Autor:
Guto Camargo
Seção:
Quadrinhos
Publicado em:
11 de Março de 2024
Tempo de leitura:
7 minutos
Nos anos de 1950 Ramona Fradon conquistando espaço no mundo dos gibis em meio ao ambiente masculino dos desenhistas (foto: autoria desconhecida)
Ramona Fradon; uma pioneira no universo da DC
Por: Guto Camargo
A década de 1950 não foi exatamente o melhor período para uma artista ingressar no ramo dos quadrinhos de super-heróis nos Estados Unidos. O início da década já começara com um cerco moralista aos gibis que passaram a ser visto como influência negativa para os jovens, o mercado entra em decadência com algumas editoras menores fechando as portas e artistas deixando o ramo migrando para ilustração ou publicidade.
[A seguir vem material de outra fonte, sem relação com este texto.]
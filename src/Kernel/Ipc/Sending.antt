-- ===== src/Kernel/Ipc/Sending.antt =====
-- Receives, sends and replies keep the ready queues in order.
use eotan.Prelude.{
  ℕ, ◌≡◌, refl, Option, none, some, List, [], ◌∷◌, ◌==◌, ltb, Bool-cases, Option-cases, inl, inr,
}
use eotan.Kernel.State.{
  WaitType, wait_none, wait_flag, wait_reply, wait_receive, Thread, Kernel, wait_call, wait_send,
}
use eotan.Kernel.Ready.Queues.{Queued}
use eotan.Kernel.Sync.{waiting_remove}
use eotan.Kernel.Sync.Queues.{
  Queued-fields, release-Queued, leave_serialize-Queued, leave_serialize_and_dispatch-Queued,
}
use eotan.Kernel.Ipc.Transfer.{
  release_rendezvous-Queued, same-Queued, deliver-Queued, block-Queued, enqueue-Queued,
}
use eotan.Kernel.Ipc.Message.{Copy, enqueue, key_of_ipc}
use eotan.Kernel.Ipc.Send.{
  accept_call, accept, receive_ended, receive_end, receive_from, receive_queued, receive_port,
  receive_running, ipc_receive, reply_to, reply_queued, reply_found, ipc_reply, send_receiver,
  send_queued, send_port, send_to, ipc_send,
}

receive_ended-Queued : (o : Option Thread) (k : Kernel) → Queued k → Queued (receive_ended o k).1
unfolding receive_ended
receive_ended-Queued none k v = Queued-fields k _ v refl refl refl
receive_ended-Queued (some t) k v = leave_serialize-Queued k v

pub receive_end-Queued : (k : Kernel) → Queued k → Queued (receive_end k).1
unfolding receive_end
receive_end-Queued k v = receive_ended-Queued _ _ (Queued-fields k _ v refl refl refl)

accept-Queued :
    (w : WaitType) (id : ℕ) (t : Thread) (k : Kernel)
    → Queued k
    → k.thread id ≡ some t
    → Queued (accept w id t k)
unfolding accept accept_call enqueue
accept-Queued wait_none id t k v e = v
accept-Queued wait_flag id t k v e = v
accept-Queued wait_call id t k v e = elim (Option-cases (k.replies (key_of_ipc t.wait_key))) [
  | inl n ↦ rw (n, accept_call) (Queued-fields k _ v refl refl refl)
  | inr (max, f) ↦
      rw (f, accept_call)
        (same-Queued id t _ (enqueue _ id k) (enqueue-Queued _ id k v) e refl refl refl)
]
accept-Queued wait_reply id t k v e = v
accept-Queued wait_receive id t k v e = v
accept-Queued wait_send id t k v e = release-Queued k id v

module _ (copy : Copy) where
  receive_from-Queued :
      (message id : ℕ) (k : Kernel)
      → Queued k
      → Queued (receive_from copy message id (k.thread id) k).1
  unfolding receive_from waiting_remove
  receive_from-Queued message id k v = elim (Option-cases (k.thread id)) [
    | inl n ↦ rw (n, receive_from) (Queued-fields k _ v refl refl refl)
    | inr (t, e) ↦
        elim (Option-cases (copy id t.wait_message k.running message t.wait_size k.memory)) [
          | inl n ↦ rw (e, receive_from, n) (leave_serialize-Queued k v)
          | inr (m, f) ↦
              rw (e, receive_from, f)
                (leave_serialize-Queued _
                  (accept-Queued t.wait_type id t _ (Queued-fields k _ v refl refl refl) e))
        ]
  ]

  receive_queued-Queued :
      (port message : ℕ) (ids : List ℕ) (k : Kernel)
      → Queued k
      → Queued (receive_queued copy port message ids k).1
  unfolding receive_queued
  receive_queued-Queued port message [] k v =
      block-Queued _ _ k v (λ t. refl) (λ t. refl) (λ t. refl)
  receive_queued-Queued port message (id ∷ ids) k v = receive_from-Queued message id k v

  receive_port-Queued :
      (port message : ℕ) (o : Option Thread) (k : Kernel)
      → Queued k
      → Queued (receive_port copy port message o k).1
  unfolding receive_port
  receive_port-Queued port message none k v = leave_serialize-Queued k v
  receive_port-Queued port message (some t) k v = elim (Bool-cases t.port_opened) [
    | inl y ↦ rw y (receive_queued-Queued port message _ k v)
    | inr n ↦ rw n (leave_serialize-Queued k v)
  ]

  receive_running-Queued :
      (port message : ℕ) (k : Kernel)
      → Queued k
      → Queued (receive_running copy port message (k.thread k.running) k).1
  unfolding receive_running
  receive_running-Queued port message k v = elim (Option-cases (k.thread k.running)) [
    | inl n ↦ rw (n, receive_running) (Queued-fields k _ v refl refl refl)
    | inr (t, e) ↦ elim (Bool-cases (t.port_flag == 0)) [
      | inl y ↦ rw (e, receive_running, y) (receive_port-Queued port message _ k v)
      | inr n ↦
          rw (e, receive_running, n)
            (leave_serialize-Queued _ (same-Queued _ t _ k v e refl refl refl))
    ]
  ]

  pub ipc_receive-Queued :
      (port message : ℕ) (k : Kernel) → Queued k → Queued (ipc_receive copy port message k).1
  unfolding ipc_receive
  ipc_receive-Queued port message k v =
      receive_running-Queued port message _ (Queued-fields k _ v refl refl refl)

  reply_to-Queued :
      (key message size id : ℕ) (k : Kernel)
      → Queued k
      → Queued (reply_to copy key message size id (k.thread id) k).1
  unfolding reply_to
  reply_to-Queued key message size id k v = elim (Option-cases (k.thread id)) [
    | inl n ↦ rw (n, reply_to) (Queued-fields k _ v refl refl refl)
    | inr (t, e) ↦ elim (Option-cases (copy k.running message id t.wait_message size k.memory)) [
      | inl n ↦ rw (e, reply_to, n) (leave_serialize-Queued _ (release_rendezvous-Queued key k v))
      | inr (m, f) ↦
          rw (e, reply_to, f)
            (leave_serialize_and_dispatch-Queued _ (
              release_rendezvous-Queued key _
                (deliver-Queued id t _ _ (Queued-fields k _ v refl refl refl) e refl refl refl)))
    ]
  ]

  reply_queued-Queued :
      (key message size : ℕ) (ids : List ℕ) (k : Kernel)
      → Queued k
      → Queued (reply_queued copy key message size ids k).1
  unfolding reply_queued
  reply_queued-Queued key message size [] k v =
      leave_serialize_and_dispatch-Queued _ (release_rendezvous-Queued key k v)
  reply_queued-Queued key message size (id ∷ ids) k v = reply_to-Queued key message size id k v

  reply_found-Queued :
      (key message size : ℕ) (o : Option ℕ) (k : Kernel)
      → Queued k
      → Queued (reply_found copy key message size o k).1
  unfolding reply_found
  reply_found-Queued key message size none k v =
      leave_serialize-Queued _ (release_rendezvous-Queued key k v)
  reply_found-Queued key message size (some max) k v = elim (Bool-cases (ltb max size)) [
    | inl y ↦ rw y (leave_serialize-Queued _ (release_rendezvous-Queued key k v))
    | inr n ↦ rw n (reply_queued-Queued key message size _ k v)
  ]

  send_receiver-Queued :
      (tag message size id : ℕ) (k : Kernel)
      → Queued k
      → Queued (send_receiver copy tag message size id (k.thread id) k).1
  unfolding send_receiver
  send_receiver-Queued tag message size id k v = elim (Option-cases (k.thread id)) [
    | inl n ↦ rw (n, send_receiver) (Queued-fields k _ v refl refl refl)
    | inr (t, e) ↦ elim (Option-cases (copy k.running message id t.wait_message size k.memory)) [
      | inl n ↦ rw (e, send_receiver, n) (leave_serialize-Queued k v)
      | inr (m, f) ↦
          rw (e, send_receiver, f)
            (leave_serialize-Queued _
              (deliver-Queued id t _ _ (Queued-fields k _ v refl refl refl) e refl refl refl))
    ]
  ]

  send_queued-Queued :
      (port message size : ℕ) (ids : List ℕ) (k : Kernel)
      → Queued k
      → Queued (send_queued copy port message size ids k).1
  unfolding send_queued
  send_queued-Queued port message size [] k v =
      block-Queued _ _ k v (λ t. refl) (λ t. refl) (λ t. refl)
  send_queued-Queued port message size (id ∷ ids) k v = send_receiver-Queued _ message size id k v

  send_port-Queued :
      (port message size : ℕ) (o : Option Thread) (k : Kernel)
      → Queued k
      → Queued (send_port copy port message size o k).1
  unfolding send_port
  send_port-Queued port message size none k v = leave_serialize-Queued k v
  send_port-Queued port message size (some t) k v = elim (Bool-cases t.port_opened) [
    | inl y ↦ elim (Bool-cases (ltb t.port_max_call size)) [
      | inl z ↦ rw (y, z) (leave_serialize-Queued k v)
      | inr z ↦ rw (y, z) (send_queued-Queued port message size _ k v)
    ]
    | inr n ↦ rw n (leave_serialize-Queued k v)
  ]

  pub ipc_send-Queued :
      (tag message size : ℕ) (k : Kernel) → Queued k → Queued (ipc_send copy tag message size k).1
  unfolding ipc_send send_to ipc_reply
  ipc_send-Queued tag message size k v = elim (Bool-cases (key_of_ipc tag == 0)) [
    | inl y ↦ rw y (send_port-Queued tag message size _ _ (Queued-fields k _ v refl refl refl))
    | inr n ↦
        rw n (
          reply_found-Queued (key_of_ipc tag) message size _ _ (Queued-fields k _ v refl refl refl))
  ]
A crise, que diminuiu a venda das revistas, culminou com a publicação do livro Sedução dos inocentes em 1954 e a criação do Comics Code Authority em 1955 que tirou do mercado os gibis de terror e as histórias de crimes.
Em meio a este cenário pouco promissor surge uma jovem desenhista nascido em 2 de outubro de 1926, em Chicago, que estudara design na Parsons School of Design e na Art Students' League em Nova York, de nome Ramona Fradon. A artista, uma mulher pioneira em um ambiente dominado por desenhistas e roteiristas do sexo masculino, escreveu seu nome na história das HQs e faleceu aos 97 anos por insuficiência cardíaca no dia 24 de fevereiro de 2024.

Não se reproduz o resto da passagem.